# Feb 12 07 St.Jean BMQ



## corypaven (1 Feb 2007)

I got called today, are there any army.ca members going to be there?


----------



## Lukz (2 Feb 2007)

hey dood, i'm also going on the 12th of Feb, was suppose to be on the course running from the 29th but missed it because of some problems. Anyway i'm flying out the 10th of feb from toronto


----------



## xman (2 Feb 2007)

I will also be attending the February 12Th BMQ at ST.Jean.  I'm not sure when I'll be flying out of toronto though.


----------



## david1985 (2 Mar 2007)

i leave for BMQ feb 11 at 6am from newfoundland


----------



## NJL (2 Mar 2007)

david1985 said:
			
		

> i leave for BMQ feb 11 at 6am from newfoundland



Seeing how todays Mar 2 you might be in some hot water if your were supposed to have left on Feb 11.. did ya mean march 11?


----------



## formerarmybrat23 (2 Mar 2007)

hey i just thought of this, since you guys are leaving soon.
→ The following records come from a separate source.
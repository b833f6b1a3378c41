-- ===== src/GlacierValue.antt =====
-- crates/glacier-protocol/src/lib.rs: the typed values of the protocol and their bytes. A float is
-- its bit pattern.
pub mod Width
mod Examples
use openforge_aio.Prelude.{ℕ, ◌^◌, ◌%◌, Bool, List, [], ◌∷◌, length, if◌then◌else◌}
use openforge_aio.Prelude.Int.{ℤ, of_signed}
use openforge_aio.Prelude.Bytes.{to_le}

pub data ValueKind : Type 0 where
  i8 i16 i32 i64 u8 u16 u32 u64 f32 f64 bool : ValueKind
  bytes : ℕ → ValueKind

unfoldable pub size : ValueKind → ℕ
size ValueKind.i8 = 1
size ValueKind.u8 = 1
size ValueKind.bool = 1
size ValueKind.i16 = 2
size ValueKind.u16 = 2
size ValueKind.i32 = 4
size ValueKind.u32 = 4
size ValueKind.f32 = 4
size ValueKind.i64 = 8
size ValueKind.u64 = 8
size ValueKind.f64 = 8
size (ValueKind.bytes n) = n

pub data GlacierValue : Type 0 where
  i8 i16 i32 i64 : ℤ → GlacierValue
  u8 u16 u32 u64 f32 f64 : ℕ → GlacierValue
  bool : Bool → GlacierValue
  bytes : List ℕ → GlacierValue

unfoldable pub kind : GlacierValue → ValueKind
kind (GlacierValue.i8 v) = ValueKind.i8
kind (GlacierValue.i16 v) = ValueKind.i16
kind (GlacierValue.i32 v) = ValueKind.i32
kind (GlacierValue.i64 v) = ValueKind.i64
kind (GlacierValue.u8 v) = ValueKind.u8
kind (GlacierValue.u16 v) = ValueKind.u16
kind (GlacierValue.u32 v) = ValueKind.u32
kind (GlacierValue.u64 v) = ValueKind.u64
kind (GlacierValue.f32 v) = ValueKind.f32
kind (GlacierValue.f64 v) = ValueKind.f64
kind (GlacierValue.bool v) = ValueKind.bool
kind (GlacierValue.bytes v) = ValueKind.bytes (length v % 2 ^ 32)

unfoldable pub to_le_bytes : GlacierValue → List ℕ
to_le_bytes (GlacierValue.i8 v) = to_le 1 (of_signed (2 ^ 7) v)
to_le_bytes (GlacierValue.i16 v) = to_le 2 (of_signed (2 ^ 15) v)
to_le_bytes (GlacierValue.i32 v) = to_le 4 (of_signed (2 ^ 31) v)
to_le_bytes (GlacierValue.i64 v) = to_le 8 (of_signed (2 ^ 63) v)
to_le_bytes (GlacierValue.u8 v) = to_le 1 v
to_le_bytes (GlacierValue.u16 v) = to_le 2 v
to_le_bytes (GlacierValue.u32 v) = to_le 4 v
to_le_bytes (GlacierValue.u64 v) = to_le 8 v
to_le_bytes (GlacierValue.f32 v) = to_le 4 v
to_le_bytes (GlacierValue.f64 v) = to_le 8 v
to_le_bytes (GlacierValue.bool v) = (if v then 1 else 0) ∷ []
to_le_bytes (GlacierValue.bytes v) = v
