-- ===== src/Freeze.antt =====
-- crates/glacier-007-dll/src/freeze.rs: the registry of guarded freezes and a pass of the thread
-- that stamps them. A pass is one step: the requests that the worker serves come between passes.
pub mod Guard
pub mod Registry
mod Examples
use openforge_aio.Prelude.{
  ℕ, ◌+◌, ◌^◌, ◌%◌, ◌≡◌, Bool, true, false, not, ◌&&◌, ◌||◌, Option, none, some, List, [], ◌∷◌,
  ◌++◌, length, ltb, leb, ◌==◌, if◌then◌else◌,
}
use openforge_aio.Prelude.Result.{Result, ok, err}
use openforge_aio.Prelude.Int.{ℤ, of_signed}
use openforge_aio.Prelude.Bytes.{from_le}
use openforge_aio.Prelude.Float.{f32_is_finite, f32_le}
use openforge_aio.Memory.{Os, ReadError, read_bytes, write_bytes}
use openforge_aio.GlacierValue.{GlacierValue, ValueKind, size, to_le_bytes}

pub record FreezeSlot : Type 0 where
  pub handle : ℕ
  pub box_va : ℕ
  pub write_offset : ℤ
  pub source_offset : Option ℤ
  pub value_bytes : List ℕ
  pub width : ℕ
  pub guard_min : ℕ
  pub guard_max : ℕ
  pub writes : ℕ
  pub skipped : ℕ
  pub ticks : ℕ
  pub active : Bool

-- `FREEZE` and `NEXT_HANDLE`.
pub record Freezes : Type 0 where
  pub slots : List FreezeSlot
  pub next_handle : ℕ

pub data Response : Type 0 where
  freeze_started : ℕ → Response
  freeze_stopped : Response
  freeze_stats : ℕ → ℕ → ℕ → Response
  unsupported_width : ℕ → Response
  unknown_handle : ℕ → Response

unfoldable pub start_freeze :
    Freezes → ℕ → ℤ → Option ℤ → GlacierValue → ValueKind → ℕ → ℕ → Response × Freezes
start_freeze reg box_va write_offset source_offset value value_kind guard_min guard_max =
    let width = size value_kind in
    let slot : FreezeSlot = record {
      handle = reg.next_handle;
      box_va = box_va;
      write_offset = write_offset;
      source_offset = source_offset;
      value_bytes = to_le_bytes value;
      width = width;
      guard_min = guard_min;
      guard_max = guard_max;
      writes = 0;
      skipped = 0;
      ticks = 0;
      active = true;
    } in
    if width == 0 || ltb 8 width then (unsupported_width width, reg) else (
      freeze_started reg.next_handle,
      record { slots = reg.slots ++ slot ∷ []; next_handle = (reg.next_handle + 1) % 2 ^ 32 },
    )

abbrev pub deactivated : ℕ → FreezeSlot → FreezeSlot
deactivated handle s = if s.handle == handle then record s { active = false } else s

abbrev pub stop_each : ℕ → List FreezeSlot → List FreezeSlot
stop_each handle [] = []
stop_each handle (s ∷ ss) = deactivated handle s ∷ stop_each handle ss

unfoldable pub stop_freeze : Freezes → ℕ → Response × Freezes
stop_freeze reg handle = (freeze_stopped, record reg { slots = stop_each handle reg.slots })

unfoldable pub stats_of : List FreezeSlot → ℕ → Response
stats_of [] handle = unknown_handle handle
stats_of (s ∷ ss) handle =
    let rest = stats_of ss handle in
    if s.handle == handle then freeze_stats s.writes s.skipped s.ticks else rest

unfoldable pub query_stats : Freezes → ℕ → Response
unfolding stats_of
query_stats reg handle = stats_of reg.slots handle

-- `fetch_add(1)` of an AtomicU64.
abbrev pub counted : ℕ → ℕ
counted n = (n + 1) % 2 ^ 64

-- `box_va.wrapping_add(offset as u64) as usize`
abbrev pub address : ℕ → ℤ → ℕ
address box_va offset = (box_va + of_signed (2 ^ 63) offset) % 2 ^ 64

unfoldable pub plausible : FreezeSlot → List ℕ → Bool
plausible s cur =
    let v = from_le cur in f32_is_finite v && (f32_le s.guard_min v && f32_le v s.guard_max)

abbrev pub retain_active : List FreezeSlot → List FreezeSlot
retain_active [] = []
retain_active (s ∷ ss) = let rest = retain_active ss in if s.active then s ∷ rest else rest

module _ (os : Os) where
  abbrev pub source_bytes : os.Mem → FreezeSlot → Option ℤ → Result ReadError (List ℕ)
  source_bytes m s none = ok s.value_bytes
  source_bytes m s (some off) = read_bytes os m (address s.box_va off) s.width

  abbrev pub is_ok : Result ReadError (Unit {0}) → Bool
  is_ok (ok u) = true
  is_ok (err e) = false

  abbrev pub stored : os.Mem → ℕ → Result ReadError (List ℕ) → Bool × os.Mem
  stored m target (err e) = (false, m)
  stored m target (ok bytes) =
      let (written, m') = write_bytes os m target bytes in (is_ok written, m')

  abbrev pub checked : os.Mem → FreezeSlot → ℕ → Result ReadError (List ℕ) → Bool × os.Mem
  checked m s target (err e) = (false, m)
  checked m s target (ok cur) =
      if plausible s cur then stored m target (source_bytes m s s.source_offset) else (false, m)

  -- The memory operations of a slot in one pass, and whether it wrote.
  unfoldable pub stamp : os.Mem → FreezeSlot → Bool × os.Mem
  stamp m s =
      let target = address s.box_va s.write_offset in checked m s target (read_bytes os m target 4)

  abbrev pub tallied : FreezeSlot → Bool → FreezeSlot
  tallied s true = record s { ticks = counted s.ticks; writes = counted s.writes }
  tallied s false = record s { ticks = counted s.ticks; skipped = counted s.skipped }

  unfoldable pub tick_each : os.Mem → List FreezeSlot → List FreezeSlot × os.Mem
  unfolding stamp
  tick_each m [] = ([], m)
  tick_each m (s ∷ ss) =
      let (wrote, m') = stamp m s in
      let (ss', m'') = tick_each m' ss in (tallied s wrote ∷ ss', m'')

  unfoldable pub tick : os.Mem → Freezes → Freezes × os.Mem
  unfolding tick_each
  tick m reg =
      let (slots, m') = tick_each m (retain_active reg.slots) in (record reg { slots = slots }, m')
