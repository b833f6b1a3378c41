-- ===== src/Freeze/Registry.antt =====
-- The registry of crates/glacier-007-dll/src/freeze.rs: its invariant, and what the requests see.
use openforge_aio.Prelude.{
  ℕ, ◌+◌, ◌≤◌, ◌<◌, ◌≡◌, ◌≢◌, refl, ◌∙◌, Bool, true, false, Option, List, [], ◌∷◌, ◌++◌, arith,
  Bool-cases, if-lem, inl, inr, ◌^◌, ◌%◌, All, All-append, ◌||◌, ◌==◌, ltb,
}
use openforge_aio.Prelude.Int.{ℤ}
use openforge_aio.Memory.{Os}
use openforge_aio.GlacierValue.{GlacierValue, ValueKind, size}
use openforge_aio.Freeze.{
  FreezeSlot, Freezes, freeze_started, freeze_stats, unknown_handle, start_freeze, stop_each,
  stop_freeze, stats_of, query_stats, retain_active, stamp, tallied, tick_each, tick,
}

pub retain_active-All :
    (P : FreezeSlot → Type 0) (ss : List FreezeSlot)
    → All (λ s. s.active ≡ true → P s) ss
    → All P (retain_active ss)
retain_active-All P [] h = tt
retain_active-All P (s ∷ ss) h =
    if-lem (All P) s.active (s ∷ retain_active ss) (retain_active ss)
      (λ on. (h.0 on, retain_active-All P ss h.1)) (λ off. retain_active-All P ss h.1)

All-map :
    {P Q : FreezeSlot → Type 0}
    → ((s : FreezeSlot) → P s → Q s)
    → (ss : List FreezeSlot) → All P ss
    → All Q ss
All-map f [] h = tt
All-map f (s ∷ ss) h = (f s h.0, All-map f ss h.1)

-- A width that fits the scratch buffer, a handle that was given out, and counters that add up.
abbrev pub IsSlot : ℕ → FreezeSlot → Type 0
IsSlot next s =
    (0 < s.width) × (s.width ≤ 8) × (s.handle < next) × (s.ticks ≡ (s.writes + s.skipped) % 2 ^ 64)

abbrev pub IsRegistry : Freezes → Type 0
IsRegistry reg = All (IsSlot reg.next_handle) reg.slots

IsSlot-later : (next : ℕ) (ss : List FreezeSlot) → All (IsSlot next) ss → All (IsSlot (next + 1)) ss
IsSlot-later next [] h = tt
IsSlot-later next (s ∷ ss) h =
    ((h.0.0, h.0.1, omega (arith, h.0.2), h.0.3), IsSlot-later next ss h.1)

-- As long as the handles have not wrapped around, a start keeps a well-formed registry well
-- formed, whatever the width.
pub start_freeze-IsRegistry :
    (reg : Freezes) (box_va : ℕ) (write_offset : ℤ) (source_offset : Option ℤ)
    (value : GlacierValue) (value_kind : ValueKind) (guard_min guard_max : ℕ)
    → IsRegistry reg
    → reg.next_handle + 1 < 2 ^ 32
    → IsRegistry
        (start_freeze reg box_va write_offset source_offset value value_kind guard_min guard_max).1
unfolding start_freeze
start_freeze-IsRegistry reg box_va write_offset source_offset value value_kind guard_min guard_max h
      room =
    let width : ℕ = size value_kind in
    elim (Bool-cases (width == 0 || ltb 8 width)) [
      | inl refused ↦ rw refused h
      | inr fine ↦
          let e : (reg.next_handle + 1) % 2 ^ 32 ≡ reg.next_handle + 1 = omega arith in
          rw (fine, e)
            (All-append (IsSlot (reg.next_handle + 1)) reg.slots _
              (IsSlot-later reg.next_handle reg.slots h)
              ((ground arith, ground arith, omega arith, omega arith), tt))
    ]

stop_each-IsSlot :
    (next handle : ℕ) (ss : List FreezeSlot)
    → All (IsSlot next) ss
    → All (IsSlot next) (stop_each handle ss)
stop_each-IsSlot next handle [] h = tt
stop_each-IsSlot next handle (s ∷ ss) h = (
  if-lem (IsSlot next) (s.handle == handle) (record s { active = false }) s (λ it. h.0)
      (λ other. h.0),
  stop_each-IsSlot next handle ss h.1,
)

-- A stop keeps a well-formed registry well formed.
pub stop_freeze-IsRegistry :
    (reg : Freezes) (handle : ℕ) → IsRegistry reg → IsRegistry (stop_freeze reg handle).1
unfolding stop_freeze
stop_freeze-IsRegistry reg handle h = stop_each-IsSlot reg.next_handle handle reg.slots h

tallied-IsSlot :
    (os : Os) (next : ℕ) (s : FreezeSlot) (wrote : Bool)
    → IsSlot next s
    → IsSlot next (tallied os s wrote)
tallied-IsSlot os next s true h = (h.0, h.1, h.2, omega (arith, h.3))
tallied-IsSlot os next s false h = (h.0, h.1, h.2, omega (arith, h.3))

tick_each-IsSlot :
    (os : Os) (next : ℕ) (m : os.Mem) (ss : List FreezeSlot)
    → All (IsSlot next) ss
    → All (IsSlot next) (tick_each os m ss).0
unfolding tick_each
tick_each-IsSlot os next m [] h = tt
tick_each-IsSlot os next m (s ∷ ss) h = (
  tallied-IsSlot os next s (stamp os m s).0 h.0,
  tick_each-IsSlot os next (stamp os m s).1 ss h.1,
)

-- A pass keeps a well-formed registry well formed: every tick of a slot is counted as a write
-- or as a skip.
pub tick-IsRegistry :
    (os : Os) (m : os.Mem) (reg : Freezes) → IsRegistry reg → IsRegistry (tick os m reg).0
unfolding tick
tick-IsRegistry os m reg h =
    tick_each-IsSlot os reg.next_handle m (retain_active reg.slots)
      (retain_active-All (IsSlot reg.next_handle) reg.slots (All-map (λ s it on. it) reg.slots h))

tallied-handle : (os : Os) (s : FreezeSlot) (wrote : Bool) → (tallied os s wrote).handle ≡ s.handle
tallied-handle os s true = refl
tallied-handle os s false = refl

stats_of-tick_each :
    (os : Os) (m : os.Mem) (ss : List FreezeSlot) (handle : ℕ)
    → All (λ s. s.handle ≢ handle) ss
    → stats_of (tick_each os m ss).0 handle ≡ unknown_handle handle
unfolding tick_each stats_of
stats_of-tick_each os m [] handle away = refl
stats_of-tick_each os m (s ∷ ss) handle away =
    let e = tallied-handle os s (stamp os m s).0 in
    let rest = stats_of-tick_each os (stamp os m s).1 ss handle away.1 in
    let other : (tallied os s (stamp os m s).0).handle == handle ≡ false =
      ground (arith, e, away.0) in
    rw other rest

stopped-away :
    (handle : ℕ) (ss : List FreezeSlot)
    → All (λ s. s.active ≡ true → s.handle ≢ handle) (stop_each handle ss)
stopped-away handle [] = tt
stopped-away handle (s ∷ ss) = (
  if-lem (λ t. t.active ≡ true → t.handle ≢ handle) (s.handle == handle)
      (record s { active = false }) s (λ it on. cc on) (λ other on. ground (arith, other)),
  stopped-away handle ss,
)

-- Once a freeze is stopped and a pass is made, its handle is unknown.
pub stop_freeze-tick :
    (os : Os) (m : os.Mem) (reg : Freezes) (handle : ℕ)
    → query_stats (tick os m (stop_freeze reg handle).1).0 handle ≡ unknown_handle handle
unfolding stop_freeze query_stats tick
stop_freeze-tick os m reg handle =
    stats_of-tick_each os m (retain_active (stop_each handle reg.slots)) handle (
      retain_active-All (λ s. s.handle ≢ handle) (stop_each handle reg.slots)
        (stopped-away handle reg.slots))

stats_of-append :
    (next handle : ℕ) (ss ts : List FreezeSlot)
    → All (IsSlot next) ss
    → next ≤ handle
    → stats_of (ss ++ ts) handle ≡ stats_of ts handle
unfolding stats_of
stats_of-append next handle [] ts h fresh = refl
stats_of-append next handle (s ∷ ss) ts h fresh =
    let old = h.0.2 in
    let other : s.handle == handle ≡ false = ground arith in
    rw other (stats_of-append next handle ss ts h.1 fresh)

-- In a well-formed registry a start with a kind of 1 to 8 bytes answers the next handle, and a
-- query of it finds the counters at zero.
pub query_stats-start_freeze :
    (reg : Freezes) (box_va : ℕ) (write_offset : ℤ) (source_offset : Option ℤ)
    (value : GlacierValue) (value_kind : ValueKind) (guard_min guard_max : ℕ)
    → IsRegistry reg
    → 0 < size value_kind
    → size value_kind ≤ 8
    → let (answer, reg') =
        start_freeze reg box_va write_offset source_offset value value_kind guard_min guard_max in
      (answer ≡ freeze_started reg.next_handle)
      × (query_stats reg' reg.next_handle ≡ freeze_stats 0 0 0)
unfolding start_freeze query_stats
query_stats-start_freeze reg box_va write_offset source_offset value value_kind guard_min guard_max
      h some_width small =
    let fine : (size value_kind == 0 || ltb 8 (size value_kind)) ≡ false = ground arith in
    let same : (reg.next_handle == reg.next_handle) ≡ true = ground arith in
    rw fine (
      refl,
      stats_of-append reg.next_handle reg.next_handle reg.slots _ h (omega arith) ∙ rw same refl,
    )
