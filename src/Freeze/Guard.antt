-- ===== src/Freeze/Guard.antt =====
-- What a pass of crates/glacier-007-dll/src/freeze.rs does to the game's bytes.
use openforge_aio.Prelude.{
  ℕ, ◌≡◌, refl, sym, ◌∙◌, Bool, true, false, Option, none, some, List, [], ◌∷◌, length, Bool-cases,
  inl, inr, ◌⊎◌, All,
}
use openforge_aio.Prelude.Result.{ok, Result-cases}
use openforge_aio.Prelude.Int.{ℤ}
use openforge_aio.Memory.{Os, OsLaws, read_bytes}
use openforge_aio.Memory.Bytes.{overwrite, slice, inside, overwrite_outside, length-slice}
use openforge_aio.Memory.Laws.{read_bytes-slice, write_bytes_lem}
use openforge_aio.Freeze.Registry.{retain_active-All}
use openforge_aio.Freeze.{
  FreezeSlot, Freezes, address, plausible, retain_active, source_bytes, stored, stamp, tick_each,
  tick,
}

abbrev pub target : FreezeSlot → ℕ
target s = address s.box_va s.write_offset

-- What the slot writes: its constant, or the bytes of its source field.
unfoldable pub stamped_bytes : (ℕ → ℕ) → FreezeSlot → Option ℤ → List ℕ
stamped_bytes f s none = s.value_bytes
stamped_bytes f s (some off) = slice f (address s.box_va off) s.width

module _ (os : Os) (laws : OsLaws os) where
  -- The slot wrote, and the field was plausible before; or nothing changed.
  unfoldable pub Guarded : os.Mem → FreezeSlot → Bool × os.Mem → Type 0
  Guarded m s r =
      ((r.0 ≡ true)
        × (plausible s (slice (os.view m) (target s) 4) ≡ true)
        × ((x : ℕ)
            → os.view r.1 x
              ≡ overwrite (os.view m) (target s) (stamped_bytes (os.view m) s s.source_offset) x))
      ⊎ ((r.0 ≡ false) × ((x : ℕ) → os.view r.1 x ≡ os.view m x))

  stored_lem :
      (m : os.Mem) (s : FreezeSlot) (bytes : List ℕ)
      → plausible s (slice (os.view m) (target s) 4) ≡ true
      → bytes ≡ stamped_bytes (os.view m) s s.source_offset
      → Guarded m s (stored os m (target s) (ok bytes))
  unfolding Guarded
  stored_lem m s bytes alive same = elim (write_bytes_lem os laws m (target s) bytes) [
    | inl (written, put) ↦ inl (rw written refl, alive, λ x. rw (← same) (put x))
    | inr (e, refused, kept) ↦ inr (rw refused refl, kept)
  ]

  sourced_lem :
      (m : os.Mem) (s : FreezeSlot) (source : Option ℤ)
      → s.source_offset ≡ source
      → plausible s (slice (os.view m) (target s) 4) ≡ true
      → Guarded m s (stored os m (target s) (source_bytes os m s source))
  unfolding Guarded stamped_bytes
  sourced_lem m s none here alive = stored_lem m s s.value_bytes alive (rw here refl)
  sourced_lem m s (some off) here alive =
      elim (Result-cases (read_bytes os m (address s.box_va off) s.width)) [
        | inl (bs, got) ↦
            let (same, _) = read_bytes-slice os laws m (address s.box_va off) s.width bs got in
            rw got (stored_lem m s bs alive (rw here same))
        | inr (e, fault) ↦ rw fault (inr (refl, λ x. refl))
      ]

  -- A slot writes only where a finite float within the guard's bounds stands, and then its constant
  -- or the bytes its source field had, all of them at its target and nothing else; or it is
  -- skipped and no byte changes.
  pub stamp_lem : (m : os.Mem) (s : FreezeSlot) → Guarded m s (stamp os m s)
  unfolding Guarded stamp
  stamp_lem m s = elim (Result-cases (read_bytes os m (target s) 4)) [
    | inr (e, fault) ↦ rw fault (inr (refl, λ x. refl))
    | inl (cur, got) ↦
        let (same, _) = read_bytes-slice os laws m (target s) 4 cur got in
        elim (Bool-cases (plausible s cur)) [
          | inl alive ↦ rw (got, alive) (sourced_lem m s s.source_offset refl (rw (← same) alive))
          | inr stale ↦ rw (got, stale) (inr (refl, λ x. refl))
        ]
  ]

  -- The count of bytes the slot writes.
  abbrev pub reach : FreezeSlot → ℕ
  reach s = length (stamped_bytes (λ x. 0) s s.source_offset)

  length-stamped_bytes :
      (f : ℕ → ℕ) (s : FreezeSlot) (source : Option ℤ)
      → length (stamped_bytes f s source) ≡ length (stamped_bytes (λ x. 0) s source)
  unfolding stamped_bytes
  length-stamped_bytes f s none = refl
  length-stamped_bytes f s (some off) =
      length-slice f (address s.box_va off) s.width
      ∙ sym (length-slice (λ x. 0) (address s.box_va off) s.width)

  stamp-outside :
      (m : os.Mem) (s : FreezeSlot) (x : ℕ)
      → inside (target s) (reach s) x ≡ false
      → os.view (stamp os m s).1 x ≡ os.view m x
  unfolding Guarded
  stamp-outside m s x away = elim (stamp_lem m s) [
    | inl (_, _, put) ↦
        put x
        ∙ overwrite_outside (os.view m) (target s) (stamped_bytes (os.view m) s s.source_offset) x
            (rw (length-stamped_bytes (os.view m) s s.source_offset) away)
    | inr (_, kept) ↦ kept x
  ]

  tick_each-outside :
      (m : os.Mem) (ss : List FreezeSlot) (x : ℕ)
      → All (λ s. inside (target s) (reach s) x ≡ false) ss
      → os.view (tick_each os m ss).1 x ≡ os.view m x
  unfolding tick_each
  tick_each-outside m [] x away = refl
  tick_each-outside m (s ∷ ss) x away =
      tick_each-outside (stamp os m s).1 ss x away.1 ∙ stamp-outside m s x away.0

  -- A pass changes no byte outside the ranges that its active slots write.
  pub tick-outside :
      (m : os.Mem) (reg : Freezes) (x : ℕ)
      → All (λ s. s.active ≡ true → inside (target s) (reach s) x ≡ false) reg.slots
      → os.view (tick os m reg).1 x ≡ os.view m x
  unfolding tick
  tick-outside m reg x away =
      tick_each-outside m (retain_active reg.slots) x
        (retain_active-All (λ s. inside (target s) (reach s) x ≡ false) reg.slots away)
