-- ===== src/Freeze/Examples.antt =====
-- Runs of crates/glacier-007-dll/src/freeze.rs in a flat address space, and its theorems there.
use openforge_aio.Prelude.{◌≡◌, refl, true, none, [], ◌∷◌, arith}
use openforge_aio.Prelude.Int.{pos}
use openforge_aio.Prelude.Float.{f32_is_finite, f32_is_nan, f32_le}
use openforge_aio.Memory.{Os, looks_readable, read_bytes, write_bytes}
use openforge_aio.Memory.Bytes.{overwrite, slice}
use openforge_aio.Memory.Flat.{flat, flat-OsLaws}
use openforge_aio.GlacierValue.{GlacierValue, ValueKind, size, to_le_bytes}
use openforge_aio.Freeze.{
  FreezeSlot, Freezes, Response, freeze_started, freeze_stats, unknown_handle, start_freeze,
  stop_freeze, stats_of, query_stats, plausible, stamp, tick,
}
use openforge_aio.Freeze.Guard.{stamped_bytes, Guarded, stamp_lem, tick-outside}
use openforge_aio.Freeze.Registry.{
  IsRegistry, start_freeze-IsRegistry, stop_freeze-IsRegistry, tick-IsRegistry, stop_freeze-tick,
  query_stats-start_freeze,
}

abbrev os : Os
os = flat 0x10000 0x20000

abbrev nothing : Freezes
nothing = record { slots = []; next_handle = 1 }

-- 100.0 in [0.0, 1000.0], at the box's field 8.
abbrev started : Response × Freezes
started =
    start_freeze nothing 0x12000 (pos 8) none (GlacierValue.f32 0x42c80000) ValueKind.f32 0
      0x447a0000

abbrev reg : Freezes
reg = started.1

abbrev zeros : os.Mem
zeros = λ x. 0

-- Every field reads as a float that is not finite.
abbrev ones : os.Mem
ones = λ x. 0xff

abbrev slot : FreezeSlot
slot = record {
  handle = 1;
  box_va = 0x12000;
  write_offset = pos 8;
  source_offset = none;
  value_bytes = 0 ∷ 0 ∷ 0xc8 ∷ 0x42 ∷ [];
  width = 4;
  guard_min = 0;
  guard_max = 0x447a0000;
  writes = 0;
  skipped = 0;
  ticks = 0;
  active = true;
}

stamp_lem_example : Guarded os (flat-OsLaws 0x10000 0x20000) zeros slot (stamp os zeros slot)
stamp_lem_example = stamp_lem os (flat-OsLaws 0x10000 0x20000) zeros slot

tick-outside_example :
    os.view (tick os zeros (record { slots = slot ∷ []; next_handle = 2 })).1 0x12000 ≡ 0
unfolding stamped_bytes
tick-outside_example =
    tick-outside os (flat-OsLaws 0x10000 0x20000) zeros
      (record { slots = slot ∷ []; next_handle = 2 }) 0x12000 (λ on. refl, tt)

start_freeze-IsRegistry_example : IsRegistry reg
start_freeze-IsRegistry_example =
    start_freeze-IsRegistry nothing 0x12000 (pos 8) none (GlacierValue.f32 0x42c80000) ValueKind.f32
      0 0x447a0000 tt (omega arith)

stop_freeze-IsRegistry_example : IsRegistry (stop_freeze reg 1).1
stop_freeze-IsRegistry_example = stop_freeze-IsRegistry reg 1 start_freeze-IsRegistry_example

tick-IsRegistry_example : IsRegistry (tick os zeros reg).0
tick-IsRegistry_example = tick-IsRegistry os zeros reg start_freeze-IsRegistry_example

stop_freeze-tick_example : query_stats (tick os zeros (stop_freeze reg 1).1).0 1 ≡ unknown_handle 1
stop_freeze-tick_example = stop_freeze-tick os zeros reg 1

query_stats-start_freeze_example :
    (started.0 ≡ freeze_started 1) × (query_stats reg 1 ≡ freeze_stats 0 0 0)
unfolding size
query_stats-start_freeze_example =
    query_stats-start_freeze nothing 0x12000 (pos 8) none (GlacierValue.f32 0x42c80000)
      ValueKind.f32 0 0x447a0000 tt (omega arith) (omega arith)

writes_once : query_stats (tick os zeros reg).0 1 ≡ freeze_stats 1 0 1
unfolding query_stats stats_of tick stamp start_freeze size to_le_bytes plausible f32_is_finite
    f32_is_nan f32_le read_bytes write_bytes looks_readable slice overwrite
writes_once = refl

skips_garbage : query_stats (tick os ones reg).0 1 ≡ freeze_stats 0 1 1
unfolding query_stats stats_of tick stamp start_freeze size to_le_bytes plausible f32_is_finite
    f32_is_nan f32_le read_bytes write_bytes looks_readable slice overwrite
skips_garbage = refl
My friend should still be there if you run into a Private Yorke tell him marj says hi!!


----------



## Scratch_043 (3 Mar 2007)

I think the (insert date) basic (insert generic sentiment) threads should be deleted after the start date has passed, it prevents confusion, such as we witnessed here.  The people who posted here over the past 24 hours are looking for the MARCH 12, 2007 BMQ thread that is further down the page in the thread listings.


----------



## david1985 (3 Mar 2007)

ya my bad never relize that i had feb in there instead of march


----------



## Hawkeye (9 Mar 2007)

not really on topic but was just wondering if the bmq is given in english or french in st jean or both?


----------



## aesop081 (9 Mar 2007)

Hawkeye said:
			
		

> not really on topic but was just wondering if the bmq is given in english or french in st jean or both?



Both....now please take a few minutes to look around the site...thats twice you have posted things that have been gone over many times......thanks

army.ca staff


----------